Records:
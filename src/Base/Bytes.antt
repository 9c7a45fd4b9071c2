-- ===== src/Base/Bytes.antt =====
-- Python's `bytes`: lists of numbers, with their equality as a test.
use native.Mathlib.Nat.{pow-suc}
use lib_py.Base.Bits.{pow-add}
use lib_py.Base.{
  zero, suc, ◌+◌, ◌*◌, ◌/◌, ◌%◌, ◌^◌, ◌<◌, ap, ℕ, ◌≡◌, refl, ◌⊎◌, inl, inr, Bool, true, false, ◌&&◌,
  List, [], ◌∷◌, ◌++◌, arith, ◌==◌, length, Bool-cases,
}

abbrev pub Bytes : Type 0
Bytes = List ℕ

unfoldable pub bytes_eq : Bytes → Bytes → Bool
bytes_eq [] [] = true
bytes_eq [] (y ∷ ys) = false
bytes_eq (x ∷ xs) [] = false
bytes_eq (x ∷ xs) (y ∷ ys) = x == y && bytes_eq xs ys

pub bytes_eq→eq : (a b : Bytes) → bytes_eq a b ≡ true → a ≡ b
unfolding bytes_eq
bytes_eq→eq [] [] h = refl
bytes_eq→eq [] (y ∷ ys) h = cc
bytes_eq→eq (x ∷ xs) [] h = cc
bytes_eq→eq (x ∷ xs) (y ∷ ys) h = ground (arith, bytes_eq→eq xs ys)

pub bytes_eq_self : (a : Bytes) → bytes_eq a a ≡ true
unfolding bytes_eq
bytes_eq_self [] = refl
bytes_eq_self (x ∷ xs) = ground (arith, bytes_eq_self xs)

pub Bytes-cases : (a b : Bytes) → (a ≡ b) ⊎ ((a ≡ b) → ⊥)
Bytes-cases a b = elim (Bool-cases (bytes_eq a b)) [
  | inl same ↦ inl (bytes_eq→eq a b same)
  | inr differ ↦ inr λ e. cc (differ, bytes_eq_self a)
]

-- Two texts of a given first length are equal part by part.
pub append-inj :
    {A : Type 0} (a b c d : List A) → length a ≡ length c → a ++ b ≡ c ++ d → (a ≡ c) × (b ≡ d)
append-inj [] b [] d n e = (refl, e)
append-inj [] b (y ∷ c) d n e = absurd (omega arith)
append-inj (x ∷ a) b [] d n e = absurd (omega arith)
append-inj (x ∷ a) b (y ∷ c) d n e = let (p, q) = append-inj a b c d (omega arith) (cc) in (cc, q)

-- `int.to_bytes(n, "big")` of a number that fits, and `int.from_bytes(buf, "big")`.
unfoldable pub to_bytes_big : ℕ → ℕ → Bytes
to_bytes_big zero value = []
to_bytes_big (suc n) value = (value / 256 ^ n % 256) ∷ to_bytes_big n value

unfoldable pub from_bytes_big : Bytes → ℕ
from_bytes_big [] = 0
from_bytes_big (b ∷ buf) = b * 256 ^ length buf + from_bytes_big buf

pub length-to_bytes_big : (n value : ℕ) → length (to_bytes_big n value) ≡ n
unfolding to_bytes_big
length-to_bytes_big zero value = refl
length-to_bytes_big (suc n) value = ap suc (length-to_bytes_big n value)

-- Each number of the list is a byte.
abbrev pub AreBytes : Bytes → Type 0
AreBytes [] = Unit
AreBytes (b ∷ buf) = (b < 256) × AreBytes buf

pub from_bytes_big-lt : (buf : Bytes) → AreBytes buf → from_bytes_big buf < 256 ^ length buf
unfolding from_bytes_big
from_bytes_big-lt [] h = omega arith
from_bytes_big-lt (b ∷ buf) h = grind (arith, pow-suc 256 (length buf), from_bytes_big-lt buf h.1)

pub pow_256 : (n : ℕ) → 256 ^ n ≡ 2 ^ (8 * n)
pow_256 zero = refl
pow_256 (suc n) =
    let e : 8 * suc n ≡ 8 + 8 * n = omega arith in
    rw (e, pow-add 2 8 (8 * n), pow-suc 256 n, pow_256 n) (omega arith)

pub from_bytes_big-lt_pow : (buf : Bytes) → AreBytes buf → from_bytes_big buf < 2 ^ (8 * length buf)
from_bytes_big-lt_pow buf h = rw (← pow_256 (length buf)) (from_bytes_big-lt buf h)

pub from_bytes_big-cons :
    (b : ℕ) (buf : Bytes) → from_bytes_big (b ∷ buf) ≡ b * 2 ^ (8 * length buf) + from_bytes_big buf
unfolding from_bytes_big
from_bytes_big-cons b buf = rw (← pow_256 (length buf)) refl
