-- ===== src/Communication.antt =====
-- The peer-to-peer part of the library: src/astreum/communication.
pub mod MessagePow
pub mod Route
pub mod IncomingQueue
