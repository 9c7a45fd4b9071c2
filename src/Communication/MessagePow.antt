-- ===== src/Communication/MessagePow.antt =====
-- The proof of work of a message: src/astreum/communication/message_pow.py and difficulty.py.
-- The digest blake3 is a parameter. A search runs on fuel; `none` is that the fuel ran out.
pub mod Zeros
pub mod Search
mod Tests
use lib_py.Base.{
  ℕ, zero, suc, ◌+◌, ◌-◌, ◌*◌, ◌/◌, ◌%◌, ◌^◌, max, min, Option, none, some, List, [], ◌∷◌, ◌++◌,
  ltb, leb, ◌==◌, if◌then◌else◌,
}
use lib_py.Base.Bits.{bit_length}
use lib_py.Base.Bytes.{Bytes, to_bytes_big}

abbrev pub nonce_size : ℕ
nonce_size = 8

-- `MAX_MESSAGE_NONCE`.
abbrev pub max_message_nonce : ℕ
max_message_nonce = 2 ^ 64 - 1

-- `_leading_zero_bits`, and `count_leading_zero_bits` of consensus/block/utils/bits.py.
unfoldable pub leading_zero_bits : Bytes → ℕ
leading_zero_bits [] = 0
leading_zero_bits (byte ∷ buf) =
    if byte == 0 then 8 + leading_zero_bits buf else 8 - bit_length byte

pub data Found : Type 0 where
  nonce : ℕ → Found
  exhausted : Found

module _ (blake3 : Bytes → Bytes) where
  -- The loop of `calculate_message_nonce` from a nonce on; `exhausted` is the ValueError.
  pub search_nonce : ℕ → Bytes → ℕ → ℕ → Option Found
  search_nonce zero message target n = none
  search_nonce (suc f) message target n =
      let rest = search_nonce f message target (n + 1) in
      if ltb max_message_nonce n
      then some exhausted
      else if leb target (leading_zero_bits (blake3 (message ++ to_bytes_big nonce_size n)))
      then some (nonce n)
      else rest

  pub calculate_message_nonce : ℕ → Bytes → ℕ → Option Found
  calculate_message_nonce fuel message difficulty = search_nonce fuel message (max 1 difficulty) 0

-- The value that `message_difficulty` picks from the size and the limit of the queue. It compares the
-- float quotient size / limit with two-digit decimals; for limits below 2 ^ 50 that is the
-- comparison of the exact fractions that is made here.
unfoldable pub pressure_value : ℕ → ℕ → ℕ
pressure_value size limit =
    if ltb (100 * size) (70 * limit)
    then 1
    else if ltb (100 * size) (75 * limit)
    then 3
    else if ltb (100 * size) (80 * limit)
    then 5
    else if ltb (100 * size) (85 * limit)
    then 8
    else if ltb (100 * size) (90 * limit)
    then 12
    else if ltb (100 * size) (93 * limit)
    then 16
    else if ltb (100 * size) (95 * limit)
    then 19
    else if ltb (100 * size) (97 * limit)
    then 22
    else if ltb (100 * size) (98 * limit)
    then 24
    else 26

unfoldable pub message_difficulty : ℕ → ℕ → ℕ
message_difficulty size limit =
    if limit == 0 then 1 else max 1 (min 255 (pressure_value size limit))
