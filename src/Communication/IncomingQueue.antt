-- ===== src/Communication/IncomingQueue.antt =====
-- The incoming queue and its accounting: `enqueue_incoming` of
-- src/astreum/communication/incoming_queue.py, and the part of `process_incoming_messages` of
-- src/astreum/communication/processors/incoming.py that takes an item and gives its bytes back.
-- The digest blake3 is a parameter, and so is what the processor finds out about a message:
-- decoding, handshakes, peers and decryption are outside this model.
pub mod Accounting
use lib_py.Base.{
  ℕ, suc, ◌+◌, ◌-◌, Bool, true, false, Option, none, some, List, [], ◌∷◌, ◌++◌, length, take, drop,
  ltb, leb, if◌then◌else◌,
}
use lib_py.Base.Bytes.{Bytes}
use lib_py.Communication.MessagePow.{nonce_size, leading_zero_bits, message_difficulty}

-- What `node.incoming_queue.put` stores; the address is left out, and `packet_size` is the length
-- of the payload.
pub record Item : Type 0 where
  pub message : Bytes
  pub accounted_size : ℕ
  pub packet_size : ℕ

pub record Queue : Type 0 where
  pub size : ℕ
  pub limit : ℕ
  pub items : List Item

-- The pairs that `enqueue_incoming` returns.
pub data Outcome : Type 0 where
  accepted too_short low_difficulty full stopped still_full : Outcome

abbrev pub item_overhead : ℕ
item_overhead = 6

abbrev pub item_of : Bytes → Item
item_of payload = record {
  message = drop nonce_size payload;
  accounted_size = length payload + item_overhead;
  packet_size = length payload;
}

-- One locked section: the size grows if the item fits.
pub reserve : ℕ → Queue → Option Queue
reserve accounted q =
    if ltb q.limit (q.size + accounted) then none else some (record q { size = q.size + accounted })

-- `incoming_queue.put`, which does not fail: the queue has no bound of its own.
pub put : Item → Queue → Queue
put item q = record q { items = q.items ++ item ∷ [] }

-- After the wait: the state that the other threads have left, or `none` if the node stops.
pub second_try : Bytes → Queue → Option Queue → Queue × Outcome
second_try payload q none = (q, stopped)
second_try payload q (some later) = elim (reserve (length payload + item_overhead) later) [
  | none ↦ (later, still_full)
  | some held ↦ (put (item_of payload) held, accepted)
]

module _ (blake3 : Bytes → Bytes) where
  -- `wait` is what the other threads make of the queue until the second locked section;
  -- `waits` is that the timeout is positive.
  pub enqueue_incoming : (Queue → Option Queue) → Bool → Bytes → Queue → Queue × Outcome
  enqueue_incoming wait waits payload q =
      let digest = blake3 (drop nonce_size payload ++ take nonce_size payload) in
      if leb (length payload) nonce_size
      then (q, too_short)
      else if ltb (leading_zero_bits digest) (message_difficulty q.size q.limit)
      then (q, low_difficulty)
      else elim (reserve (length payload + item_overhead) q) [
        | some held ↦ (put (item_of payload) held, accepted)
        | none ↦ if waits then second_try payload q (wait q) else (q, full)
      ]

-- How the processor leaves a message. Only `dispatched` passes through the `finally` that gives
-- the bytes back; the other branches `continue` before the `try`.
pub data Verdict : Type 0 where
  undecodable handshake unknown_peer undecryptable dispatched : Verdict

give_back : Verdict → ℕ → ℕ → ℕ
give_back dispatched size accounted = size - accounted
give_back _ size accounted = size

-- One round of the processor: the first item is taken.
take_item : (Bytes → Verdict) → Queue → List Item → Queue
take_item verdict q [] = q
take_item verdict q (item ∷ rest) = record q {
  size = give_back (verdict item.message) q.size item.accounted_size;
  items = rest;
}

pub process_incoming : (Bytes → Verdict) → Queue → Queue
unfolding take_item give_back
process_incoming verdict q = take_item verdict q q.items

Exercise description:
The lines above from the one containing "to_bytes_big (suc n) value = (value" through the one containing "AreBytes [] = Unit" are to be set down exactly, and no others.

Output of the task:
to_bytes_big (suc n) value = (value / 256 ^ n % 256) ∷ to_bytes_big n value

unfoldable pub from_bytes_big : Bytes → ℕ
from_bytes_big [] = 0
from_bytes_big (b ∷ buf) = b * 256 ^ length buf + from_bytes_big buf

pub length-to_bytes_big : (n value : ℕ) → length (to_bytes_big n value) ≡ n
unfolding to_bytes_big
length-to_bytes_big zero value = refl
length-to_bytes_big (suc n) value = ap suc (length-to_bytes_big n value)

-- Each number of the list is a byte.
abbrev pub AreBytes : Bytes → Type 0
AreBytes [] = Unit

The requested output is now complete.